Re: make people use ROBOTS.txt?

Benjamin Franz (snowhare@netimages.com)
Sat, 23 Nov 1996 06:01:17 -0800 (PST)


On Fri, 22 Nov 1996, HipCrime wrote:

> Let's change the subject.

Lets not.

>
> This attempt to define "robots" has proved futile.

Afraid ActiveAgent might be defined as a robot, are you? That is one
way to avoid having to deal with the fact most people *DON'T LIKE* your
robot. This effort is proving far from futile. The fact you don't like
the answers it is coming up with is one of the *best* indications I have
seen that we are on the right track.

> The deep issue (at least my impression of it), was
> stated by "Thaddeus O. Cooper" <tcooper@mitre.org>:

[...]
> Let's take HipCrime's ActiveAgent as an example.
>
> Q: What is its goal?
> A: To locate as many Email addresses as possible.
>
> Would it be correct for ActiveAgent's author to implement
> something that would inhibit completion of this assignment?

Yes. Because it is not an *ETHICAL* goal to index people's email addresses
for the purpose of generating junk email when they *don't want them
indexed for junk email*.

> Programmers, be truthful to yourselves: didn't you learn
> (early on), that efficiency is tantamount to success?
>
> This is the ONLY reason that ActiveAgent does not observe the
> robot-exclusion "standard": interference with its goal.

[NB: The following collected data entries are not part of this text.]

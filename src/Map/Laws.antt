-- ===== src/Map/Laws.antt =====
-- The laws of the map's operations, in terms of `get`.
use world_infra.Prelude.{
  ◌≡◌, refl, Bool, true, none, some, List, [], ◌∷◌, arith, inl, inr, Bool-cases, if◌then◌else◌,
  subst,
}
use world_infra.Map.{Eq, get, remove, insert, retain, Distinct, AllValues, keep_if}

pub beq_refl {ℓ} : {K : Type ℓ} ⦃e : Eq K⦄ (k : K) → e.beq k k ≡ true
beq_refl ⦃e⦄ k = (e.beq_iff k k).1 refl

module _ {ℓ κ} {K : Type ℓ} ⦃e : Eq K⦄ {V : Type κ} where
  pub get-remove :
      (j k : K) (m : List (K × V)) → get j (remove k m) ≡ (if e.beq k j then none else get j m)
  unfolding get remove
  get-remove j k [] = ground arith
  get-remove j k ((i, v) ∷ m) =
      ground (arith, e.beq_iff k j, e.beq_iff i k, e.beq_iff i j, get-remove j k m)

  pub get-insert :
      (j k : K) (v : V) (m : List (K × V))
      → get j (insert k v m) ≡ (if e.beq k j then some v else get j m)
  unfolding get insert
  get-insert j k v m = ground (arith, get-remove j k m)

  pub remove-Distinct : (k : K) (m : List (K × V)) → Distinct m → Distinct (remove k m)
  unfolding remove
  remove-Distinct k [] d = tt
  remove-Distinct k ((i, v) ∷ m) d = ground (arith, remove-Distinct k m d.1, get-remove i k m)

  pub insert-Distinct : (k : K) (v : V) (m : List (K × V)) → Distinct m → Distinct (insert k v m)
  unfolding insert
  insert-Distinct k v m d = (ground (arith, get-remove k k m, beq_refl k), remove-Distinct k m d)

  pub get-retain-none :
      (p : V → Bool) (k : K) (m : List (K × V)) → get k m ≡ none → get k (retain p m) ≡ none
  unfolding get retain
  get-retain-none p k [] h = refl
  get-retain-none p k ((i, v) ∷ m) h = ground (arith, get-retain-none p k m)

  pub retain-Distinct : (p : V → Bool) (m : List (K × V)) → Distinct m → Distinct (retain p m)
  unfolding retain
  retain-Distinct p [] d = tt
  retain-Distinct p ((i, v) ∷ m) d =
      ground (arith, retain-Distinct p m d.1, get-retain-none p i m d.0)

  pub get-retain :
      (p : V → Bool) (k : K) (m : List (K × V))
      → Distinct m
      → get k (retain p m) ≡ keep_if p (get k m)
  unfolding get retain
  get-retain p k [] d = refl
  get-retain p k ((i, v) ∷ m) d =
      ground (
        arith,
        e.beq_iff i k,
        get-retain p k m d.1,
        get-retain-none p k m,
        get-retain-none p i m d.0,
      )

  module _ {μ} (P : V → Type μ) where
    pub remove-AllValues : (k : K) (m : List (K × V)) → AllValues P m → AllValues P (remove k m)
    unfolding remove
    remove-AllValues k [] h = tt
    remove-AllValues k ((i, v) ∷ m) h = elim (Bool-cases (e.beq i k)) [
      | inl same ↦ rw same (remove-AllValues k m h.1)
      | inr other ↦ rw other (h.0, remove-AllValues k m h.1)
    ]

    pub insert-AllValues :
        (k : K) (v : V) (m : List (K × V)) → P v → AllValues P m → AllValues P (insert k v m)
    unfolding insert
    insert-AllValues k v m p h = (p, remove-AllValues k m h)

    pub retain-AllValues :
        (p : V → Bool) (m : List (K × V)) → AllValues P m → AllValues P (retain p m)
    unfolding retain
    retain-AllValues p [] h = tt
    retain-AllValues p ((i, v) ∷ m) h = elim (Bool-cases (p v)) [
      | inl kept ↦ rw kept (h.0, retain-AllValues p m h.1)
      | inr dropped ↦ rw dropped (retain-AllValues p m h.1)
    ]

    pub get-AllValues : (k : K) (m : List (K × V)) {v : V} → AllValues P m → get k m ≡ some v → P v
    unfolding get
    get-AllValues k [] h g = cc
    get-AllValues k ((i, w) ∷ m) {v} h g = elim (Bool-cases (e.beq i k)) [
      | inl same ↦ subst P (ground arith) h.0
      | inr other ↦ get-AllValues k m h.1 (ground arith)
    ]
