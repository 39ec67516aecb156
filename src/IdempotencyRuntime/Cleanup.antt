-- ===== src/IdempotencyRuntime/Cleanup.antt =====
-- The store's well-formedness, and what its lazy cleanup amounts to.
use world_infra.Prelude.{
  ℕ, ◌≤◌, ◌<◌, ◌≡◌, refl, subst, ltb→lt, Option, none, some, List, [], ◌∷◌, arith, ltb, inl, inr,
  Bool-cases, min, is_some_and, Option-cases,
}
use world_infra.Text.{Text}
use world_infra.Map.{insert, remove, retain, Distinct, AllValues, text_key}
use world_infra.Map.Laws.{retain-Distinct, insert-Distinct, remove-Distinct, remove-AllValues}
use world_infra.IdempotencyRuntime.{
  Entry, EntryState, InMemoryState, is_live, min_expiry, maybe_cleanup, earliest, put_entry,
  locked_delete,
}

-- No entry runs out before the time at which the next cleanup is due.
abbrev pub Covers : Option ℕ → List (Text × Entry) → Type 0
Covers none entries = entries ≡ []
Covers (some t) entries = AllValues (λ entry. t ≤ entry.expires_at) entries

pub record IsValid (s : InMemoryState) : Type 0 where
  pub distinct : Distinct s.entries
  pub covered : Covers s.next_cleanup_at s.entries

AllValues-mono :
    (t u : ℕ) (es : List (Text × Entry))
    → u ≤ t
    → AllValues (λ entry. t ≤ entry.expires_at) es
    → AllValues (λ entry. u ≤ entry.expires_at) es
AllValues-mono t u [] h a = tt
AllValues-mono t u ((_, e) ∷ es) h a = (omega arith, AllValues-mono t u es h a.1)

Covers-earliest :
    (o : Option ℕ) (k : Text) (e : Entry) (es : List (Text × Entry))
    → Covers o es
    → Covers (earliest o e.expires_at) ((k, e) ∷ es)
Covers-earliest none k e es h = (omega arith, rw h tt)
Covers-earliest (some t) k e es h =
    (omega arith, AllValues-mono t (min t e.expires_at) es (omega arith) h)

min_expiry-Covers : (es : List (Text × Entry)) → Covers (min_expiry es) es
unfolding min_expiry
min_expiry-Covers [] = refl
min_expiry-Covers ((k, e) ∷ es) = Covers-earliest (min_expiry es) k e es (min_expiry-Covers es)

remove-Covers :
    (o : Option ℕ) (k : Text) (es : List (Text × Entry)) → Covers o es → Covers o (remove k es)
unfolding remove
remove-Covers none k es h = rw h refl
remove-Covers (some t) k es h = remove-AllValues (λ e. t ≤ e.expires_at) k es h

AllValues-live :
    (now t : ℕ) (es : List (Text × Entry))
    → now < t
    → AllValues (λ entry. t ≤ entry.expires_at) es
    → retain (is_live now) es ≡ es
unfolding retain
AllValues-live now t [] l h = refl
AllValues-live now t ((k, e) ∷ es) l h = ground (arith, AllValues-live now t es l h.1)

-- In a valid state, skipping the cleanup while `next_cleanup_at` lies ahead loses nothing: the
-- entries are those that a cleanup at every call would leave.
pub maybe_cleanup-retain :
    (s : InMemoryState) (now : ℕ)
    → IsValid s
    → (maybe_cleanup s now).entries ≡ retain (is_live now) s.entries
unfolding maybe_cleanup
maybe_cleanup-retain s now v = elim (Option-cases s.next_cleanup_at) [
  | inl never ↦ ground arith
  | inr (t, next) ↦ elim (Bool-cases (ltb now t)) [
    | inl early ↦ ground (
      arith,
      AllValues-live now t s.entries (ltb→lt now t early)
          (subst (λ o. Covers o s.entries) next v.covered),
    )
    | inr due ↦ ground arith
  ]
]

pub maybe_cleanup-IsValid :
    (s : InMemoryState) (now : ℕ) → IsValid s → IsValid (maybe_cleanup s now)
unfolding maybe_cleanup
maybe_cleanup-IsValid s now v =
    elim (Bool-cases (is_some_and s.next_cleanup_at (λ next. ltb now next))) [
      | inl early ↦ rw (early, maybe_cleanup) v
      | inr due ↦
          rw (due, maybe_cleanup)
            (record {
              distinct = retain-Distinct (is_live now) s.entries v.distinct;
              covered = min_expiry-Covers (retain (is_live now) s.entries);
            })
    ]

pub put_entry-IsValid :
    (s : InMemoryState) (key : Text) (state : EntryState) (t : ℕ)
    → IsValid s
    → IsValid (put_entry s key state t)
unfolding put_entry insert
put_entry-IsValid s key state t v = record {
  distinct = insert-Distinct key entry s.entries v.distinct;
  covered =
      Covers-earliest s.next_cleanup_at key entry (remove key s.entries)
        (remove-Covers s.next_cleanup_at key s.entries v.covered);
}
  where
    entry : Entry
    entry = record { state = state; expires_at = t }

pub locked_delete-IsValid :
    (s : InMemoryState) (key : Text) → IsValid s → IsValid (locked_delete s key)
unfolding locked_delete
locked_delete-IsValid s key v = record {
  distinct = remove-Distinct key s.entries v.distinct;
  covered = remove-Covers s.next_cleanup_at key s.entries v.covered;
}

This is also why burglars ignore certain sections of the criminal code: It
interferes with their goal of unjustly enriching themselves. This does not
mean they are *RIGHT* to do so.

> We're talking about the WORLD wide web here. Who on this list
> (really) believes that he/she can define the motives of "the world"?
> Please, please, let me know, if you can, because this is the real
> information that I am looking for.
>

You are playing sophistic games.

A) Web site owners tolerate (or encourage sometimes) robots because they
provide *value to the website owners*. Robots that add up negative on the
value scale are not wanted. Robots that are used to generate junk email
are in that unwanted category.

B) Robots that ignore the wishes of sites owners as expressed in
robots.txt are rogue and should not be on the net *AT ALL*.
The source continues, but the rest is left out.